SQL Server Join Algorithms
-
Posted on February 20, 2011 by Derek Dieter
-
4
If you read execution plans enough, you’ve probably realized that when SQL Server joins tables together, it uses different internal algorithms. The three algorithms are:
- Loop Join
- Merge Join
- Hash Join
These alogorithms that are used are based upon factors of the underlying data.
Merge Join
For the most part, this is the most efficient method of joining tables. As the name implies, both tables are essentially merged together, much like a zipper being zipped. It typically occurs when both tables that are being joined, are joined on keys that are presorted and contain all the same keys in both tables (for example joining a primary key with a foreign key). When one table contains keys that the other table does not have, the chance of the merge join being used is less likely.
The physical profile of a merge join is very little CPU usage, and very little reads compared to other types of joins.
Loop Join
The loop join is more CPU intensive than a merge join. This join typically occurs when one worktable is quite a bit smaller than the other. As the word loop implies, the smaller table being joined is looped until it finds the matching key in the outer (larger) table. This join is most efficient when the resulting output is smaller than 5000 rows. When larger than that, the CPU and reads make the join less efficient.
Hash Join
A hash join is the least efficient of all joins, however that does not mean it is not necessary. When large tables are being joined and not all the common keys being joined exist in both sides and/or they are not sorted, this join type may be chosen. As the word Hash implies, a hash is created against all rows for the common key in each table, essentially breaking the table into approximately 7 buckets. After the table has been broken into these separate buckets, the buckets themselves are joined together resulting in a smaller comparison of a result set.
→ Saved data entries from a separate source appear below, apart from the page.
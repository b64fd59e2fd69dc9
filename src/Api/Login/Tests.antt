-- ===== src/Api/Login/Tests.antt =====
-- src/api/AuthController.hpp: a login, a refresh and the second use of its token.
use tarassov_me.Prelude.{
  ◌≡◌, ◌≢◌, refl, true, false, [], Option, none, some, Str, codes, str_eq, str_eq_iff,
  if◌then◌else◌,
}
use tarassov_me.Prelude.Int.{pos, ◌+ℤ◌}
use tarassov_me.External.Json.{lookup}
use tarassov_me.External.Samples.{int_doc}
use tarassov_me.External.Ciphers.{json, signing}
use tarassov_me.External.Server.{Server, server, sets}
use tarassov_me.External.Remote.{
  Result, ok, World, pure, raise, or_raise, clock, query, command, call, catching, attempt, ◌>>=◌,
}
use tarassov_me.External.Remote.Calm.{at_rest}
use tarassov_me.Cache.{set, get, del, check_initialized}
use tarassov_me.Security.Auth.{AuthConfig, jwt, extract_refresh_token}
use tarassov_me.Security.Jwt.{issue_hs256_jwt, verify_hs256_jwt}
use tarassov_me.Security.Sessions.{
  record_session, index_session, is_live, revoke_jti, jti_key, user_set_key,
}
use tarassov_me.Api.Login.{
  User, Session, Reply, unauthorized, signed_in, session, Setup, mint_session, sign_in, refresh,
  presented, access_claims, refresh_claims,
}
use tarassov_me.Utils.Base64.{
  url_encode, encode_from, sextets, alpha, url_decode, decode_from, table,
}
use tarassov_me.Utils.Hex.{constant_time_equals}
use tarassov_me.Security.Jwt.{at_dot}
use tarassov_me.Api.Login.Once.{refresh_once}

abbrev config : AuthConfig
config = record {
  mode = jwt;
  bearer_token = [];
  jwt_secret = codes "s";
  jwt_issuer = [];
  jwt_audience = [];
  jwt_leeway_sec = pos 60;
  jwt_roles_claim = codes "roles";
  jwt_scopes_claim = codes "scope";
  public_paths = [];
  cookies = record { enabled = true; access_name = codes "a"; refresh_name = codes "r" };
}

abbrev site : Setup json server
site = record {
  config = config;
  prefix = codes "auth:refresh:";
  access_ttl = 50;
  refresh_ttl = 100;
  cache_up = true;
  array = λ js. [];
  boolean = λ b. [];
}

abbrev user : User
user = record { id = codes "7"; password_hash = some (codes "h"); confirmed = true; role = none }

abbrev find : Str → Option (Option User)
find sub = some (if str_eq sub (codes "7") then some user else none)

abbrev empty : Server
empty = record { keys = λ t k. none; sets = λ k. [] }

abbrev no_session : Session
no_session = record { access = []; refresh = [] }

abbrev session_of : Result Reply → Session
session_of (ok (signed_in u s)) = s
session_of _ = no_session

abbrev first : Result Reply × World Server
first = sign_in signing sets site user (pos 10) (codes "ab") (at_rest empty 0)

abbrev cookie : Str → Str
cookie name = if str_eq name (codes "r") then (session_of first.0).refresh else []

abbrev again : Result Reply × World Server
again = refresh signing sets site find (pos 20) (codes "cd") cookie (at_rest first.1.db 1)

presented_first :
    presented signing sets site (extract_refresh_token config.cookies cookie)
    ≡ session (codes "7") (codes "ab")
unfolding presented extract_refresh_token verify_hs256_jwt mint_session issue_hs256_jwt
    access_claims refresh_claims or_raise ◌>>=◌ pure record_session set clock catching
    check_initialized command index_session attempt jti_key user_set_key ◌+ℤ◌ int_doc lookup
    url_encode encode_from sextets at_dot alpha url_decode decode_from table constant_time_equals
presented_first = refl

cd-not-ab : codes "cd" ≢ codes "ab"
cd-not-ab e = let same : false ≡ true = (str_eq_iff (codes "cd") (codes "ab")).1 e in cc

again_signed : again.0 ≡ ok (signed_in user (session_of again.0))
unfolding refresh is_live get query revoke_jti del call raise presented extract_refresh_token
    verify_hs256_jwt mint_session issue_hs256_jwt access_claims refresh_claims or_raise ◌>>=◌ pure
    record_session set clock catching check_initialized command index_session attempt jti_key
    user_set_key ◌+ℤ◌ int_doc lookup url_encode encode_from sextets at_dot alpha url_decode
    decode_from table constant_time_equals
again_signed = refl

refresh_once_example :
    (refresh signing sets site find (pos 30) (codes "ef") cookie (at_rest again.1.db 2)).0
    ≡ ok (unauthorized (codes "revoked"))
refresh_once_example =
    refresh_once signing sets site find find (pos 20) (pos 30) (codes "cd") (codes "ef") (codes "7")
      (codes "ab") cookie 1 2 first.1.db user (session_of again.0) refl presented_first cd-not-ab
      again_signed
Within the Hash Join, there are 3 separate types of hash joins (In memory, Grace, and recursive). These hash joins are segragated according to how much memory is required to create them. Essentially the hash joins follow the same methodology as lock escalation. When a hash join is taking too much memory, then the next highest type of hash join is escalated to and pushes the buckets to disk.
Using Query hints for Join types
Increasingly, I do not recommend using query hints for SQL Server. With SQL Server 2000 I was more apt to use query hints. However, as the optimizer gets smarter, and the more you upgrade, you never know what the query optimizer is going to choose for the query or why it is choosing it. That being said, yes you can specify query hints for join types. To do so, see the following queries:
[cc lang=”sql”]
SELECT *
FROM Sales.SalesOrderDetail sod
INNER MERGE JOIN Sales.SalesOrderHeader soh
ON sod.SalesOrderID = soh.SalesOrderID
[/cc]
[cc lang=”sql”]
SELECT *
FROM Sales.SalesOrderDetail sod
INNER LOOP JOIN Sales.SalesOrderHeader soh
ON sod.SalesOrderID = soh.SalesOrderID
[/cc]
[cc lang=”sql”]
SELECT *
FROM Sales.SalesOrderDetail sod
INNER HASH JOIN Sales.SalesOrderHeader soh
ON sod.SalesOrderID = soh.SalesOrderID
[/cc]
- Comments (RSS)
- Trackback
- Permalink
Hi,
Good article – short and precise
one point though: for loop join, isn’t that the small table is the one that will be used for outer loop and the bigger table the inner table?
Your means of explaining the whole thing in this piece of writing is actually good, all be capable of easily be aware of it, Thanks a lot.
I loved your article, very concise!. But let me add something, and please correct me if I am wrong. MERGE JOIN requires at least one equijoin predicate and sorted inputs from both sides, this means that the merge join should be supported by indexes on both tables involved in the join operation. This is a very important limitation. Cheers
Hey Martin,
That is the way I understand it. I think we said the same thing in different ways. For the record, I never force MERGE join hints because they can easily error out if those requirements are not met. If however you can setup the two inputs with a likelihood they will utilize a merge join, that makes for a good scenario.
Hi Derek – This post is nothing short of amazing. I’ve been trying to get a query return in less than 5 seconds which normally executes for 3 mins 45 seconds. Having tried all options I could possibly think of, what the ‘inner merge join’ query hint you explained above did pull the trick for me. The query now executes in exactly one second. I’m flabbergasted. Thanks so much.
Great T C,
Glad that helped. These join types in my experience have the greatest influence on the overall execution plan generated. I’ve found lately that the queries that benefit from hinting are typically also join a lot of different tables and are complicated to the optimizer. I’m trying more to create short queries that may dump results to table vars, then join the table vars.